Connecting Communities Through Critical Discourse is presented in tandem with the announcement of Transformer’s 13th Annual Exercises for Emerging Artists Program – E13: Discourse. Focusing on a different artistic discipline each year, E13 will partner a group of emerging local writers with a series of rotating mentors from the national arts writing community for a rigorous critique process. Writers will be invited to participate in this year’s Exercises via nominations by Transformer staff, Advisory Council, and area arts educators and curators.

ABOUT THE PANELISTS:

Kriston Capps is a staff writer for CityLab, the urbanism site for The Atlantic, where he writes about architecture, housing, and design. His work has been published in Slate, New York, Artforum, and The Washington Post. Capps is a longtime art critic for Washington City Paper. Barbecue and Brutalism are two topics close to his heart. 

Taylor Renee received her M.L.A from Harvard University in Museum Studies. She received her B.A from Howard University in Art History and Business Administration. Taylor has worked at the The Ethelbert Cooper Gallery of African & African American Art (Harvard University), and has been awarded with the Goldman Sachs Junior Fellowship at The National Museum of American History (Smithsonian Institutions). In 2015, she co-founded ARTS.BLACK, an online publication for art criticism from black perspectives. Taylor Renee is currently working as an arts administrator and writer in her hometown, Detroit, Michigan.

James McAnally is the executive editor and co-founder of Temporary Art Review. He is an artist, curator and critic whose work seeks to create a space of expanded authorship and exchange, considering the role of the artist within a broader landscape of production, conception, and consumption. He is a founder, Co-Director, and Curator of The Luminary, an incubator for new ideas in the arts based in St. Louis, MO. In his artistic practice, he works as a part of the collaborative US English. He is a 2015 recipient of the Creative Capital | The Andy Warhol Foundation Arts Writers Grant for Short-Form Writing.

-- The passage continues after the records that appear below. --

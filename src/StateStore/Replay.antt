-- ===== src/StateStore/Replay.antt =====
-- Mutation ids: a mutation is committed once, and repeated commits get its receipt.
use deepkeel.Base.{
  ℕ, String, ◌≡◌, sym, ap, ◌∙◌, inl, inr, Bool-cases, none, some, List, ok, ◌==◌, string_eq,
  pair_eq, nat_eq, eq_of_beq, beq_refl,
}
use deepkeel.Base.Int.{int_eq}
use deepkeel.Base.Dict.{Dict, get, put, get-put}
use deepkeel.Base.Objects.{Objects}
use deepkeel.Scope.{RunKey}
use deepkeel.StateStore.Aggregate.{RuntimeStateMutation, RuntimeStateReceipt}
use deepkeel.StateStore.Memory.{
  MemoryRuntimeState, aggregate, append_event, append_checkpoint, delete_checkpoints, settle_state,
  keep_receipt, receipt_of,
}
use deepkeel.StateStore.Commit.{States, state_at, as_replayed}
use deepkeel.StateStore.Committed.{Made, written}
use deepkeel.StateStore.Outcome.{replayed, refused, committed, Same}
use deepkeel.StateStore.Histories.{
  Request, key_of, handle, serve, HandleOutcome, handle-Outcome, serve-keeps,
}

-- a new receipt does not displace one that is there
receipt_not_displaced :
    (receipts : Dict String RuntimeStateReceipt) (new id : String) (r r' : RuntimeStateReceipt)
    → get receipts new ≡ none
    → get receipts id ≡ some r
    → get (put receipts new r') id ≡ some r
receipt_not_displaced receipts new id r r' free kept = rw get-put (elim (Bool-cases (new == id)) [
  | inl e ↦ absurd (cc (free, kept, ap (get receipts) (eq_of_beq e)))
  | inr e ↦ rw e kept
])

module _ {Any : Type 0} ⦃py : Objects Any⦄ where
  receipts-written :
      (run_id : String) {now : ℕ} {m : RuntimeStateMutation Any} {s s' : MemoryRuntimeState Any}
      {r : RuntimeStateReceipt}
      → Made (aggregate s run_id) now m s s' r
      → s'.receipts ≡ put s.receipts m.mutation_id r
  unfolding written append_event append_checkpoint delete_checkpoints settle_state keep_receipt
      receipt_of
  receipts-written run_id {now} {m} {s} {s'} made = rw (made.receipt, made.writes)

  -- a receipt that is kept stays kept
  pub receipt_kept :
      (states : States Any) (requests : List (Request Any)) (key : RunKey) (id : String)
      (r : RuntimeStateReceipt)
      → get (state_at states key).receipts id ≡ some r
      → get (state_at (serve states requests) key).receipts id ≡ some r
  receipt_kept states requests key id r h =
      serve-keeps (λ s. get s.receipts id ≡ some r) key
        (λ q s s' r' f c made kept.
          rw (receipts-written q.mutation.run_id made)
            (receipt_not_displaced s.receipts q.mutation.mutation_id id r r' f kept))
        states requests h

  -- the receipt that a returning commit leaves under its id
  left_receipt :
      (states : States Any) (q : Request Any) {r : RuntimeStateReceipt}
      → HandleOutcome states q
      → (handle states q).0 ≡ ok r
      → (old : RuntimeStateReceipt) × (get
            (state_at (handle states q).1 (key_of q)).receipts
            q.mutation.mutation_id
          ≡ some old)
        × (as_replayed old ≡ as_replayed r)
  left_receipt states q (replayed old f e same) h = (old, rw (same (key_of q)) f, cc)
  left_receipt states q (refused x f e same) h = absurd (cc)
  left_receipt states q (committed r' s' f c made e updates) h = (
    r',
    rw (updates (key_of q)) (
        rw (beq_refl (key_of q)) (
          rw (receipts-written q.mutation.run_id made)
            (rw get-put (rw (beq_refl q.mutation.mutation_id))))),
    cc,
  )

  replays :
      (states : States Any) (q : Request Any) (old : RuntimeStateReceipt)
      → get (state_at states (key_of q)).receipts q.mutation.mutation_id ≡ some old
      → HandleOutcome states q
      → ((handle states q).0 ≡ ok (as_replayed old)) × Same states (handle states q).1
  replays states q old kept (replayed old' f e same) = (cc, same)
  replays states q old kept (refused x f e same) = absurd (cc)
  replays states q old kept (committed r s' f c made e updates) = absurd (cc)

  -- A mutation is committed at most once. After a commit has returned a receipt, and after any
  -- further requests, a commit to the same run under the same mutation id, whatever else it says,
  -- returns the same receipt marked as replayed, and changes no run.
  pub commit_once :
      (states : States Any) (q q' : Request Any) (between : List (Request Any)) (key : RunKey)
      {r : RuntimeStateReceipt}
      → key_of q ≡ key
      → key_of q' ≡ key
      → q'.mutation.mutation_id ≡ q.mutation.mutation_id
      → (handle states q).0 ≡ ok r
      → ((handle (serve (handle states q).1 between) q').0 ≡ ok (as_replayed r))
        × Same (serve (handle states q).1 between) (handle (serve (handle states q).1 between) q').1
  commit_once states q q' between key {r} eq eq' id h =
      let (old, left, same) = left_receipt states q (handle-Outcome states q) h in
      let later = serve (handle states q).1 between in
      let kept : get (state_at later (key_of q')).receipts q'.mutation.mutation_id ≡ some old =
        rw (eq' ∙ sym eq, id)
          (receipt_kept (handle states q).1 between (key_of q) q.mutation.mutation_id old left) in
      rw (← same) (replays later q' old kept (handle-Outcome later q'))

Cara Ober is the Founding Editor at BmoreArt, Baltimore's daily online art and culture magazine since 2007 and now a new print journal. Ober earned an MFA in Studio Art from MICA in 2005 and has been published in ARTnews, Art Papers, Hyperallergic, BurnAway, the Baltimore Sun, Baltimore City Paper, and Urbanite Magazine. Although she loves penning an occasional juicy critique, her passion as a writer is economic, political, and professional empowerment for artists.

ABOUT THE MODERATORS:

Victoria Reis is the co-Founder and Executive & Artistic Director of Transformer, a Washington, DC based nonprofit, artist-centered visual arts organization. Established in summer 2002, Transformer connects and promotes emerging artists locally, nationally and internationally through exhibitions, mentorship programs, and educational programs. Through Transformer, Reis has worked with hundreds of emerging visual artists, supporting them in the development and presentation of their work and their artistic careers. Reis began her career in contemporary visual arts at the National Association of Artists’ Organizations/NAAO (1992-97), developing programs and field-wide initiatives in support of artist-centered and artist-run organizations and the artists they serve. Reis is a founding member of CommonField, a newly developing national alliance of artist-centered and artist-run organizations.

Andrew Limbong is an assistant producer for NPR’s Arts Desk, where he produces, reports, and mixes arts pieces of all kinds. Previously, he was a producer for Tell Me More and produced segments, directed the program, and line produced the show. He originally started at NPR in 2011 as an intern for All Things Considered. Limbong received a Bachelor of Arts in English, with a minor in Journalism, from the State University of New York at New Paltz. Between graduating and arriving at NPR, he spent time living in Indonesia.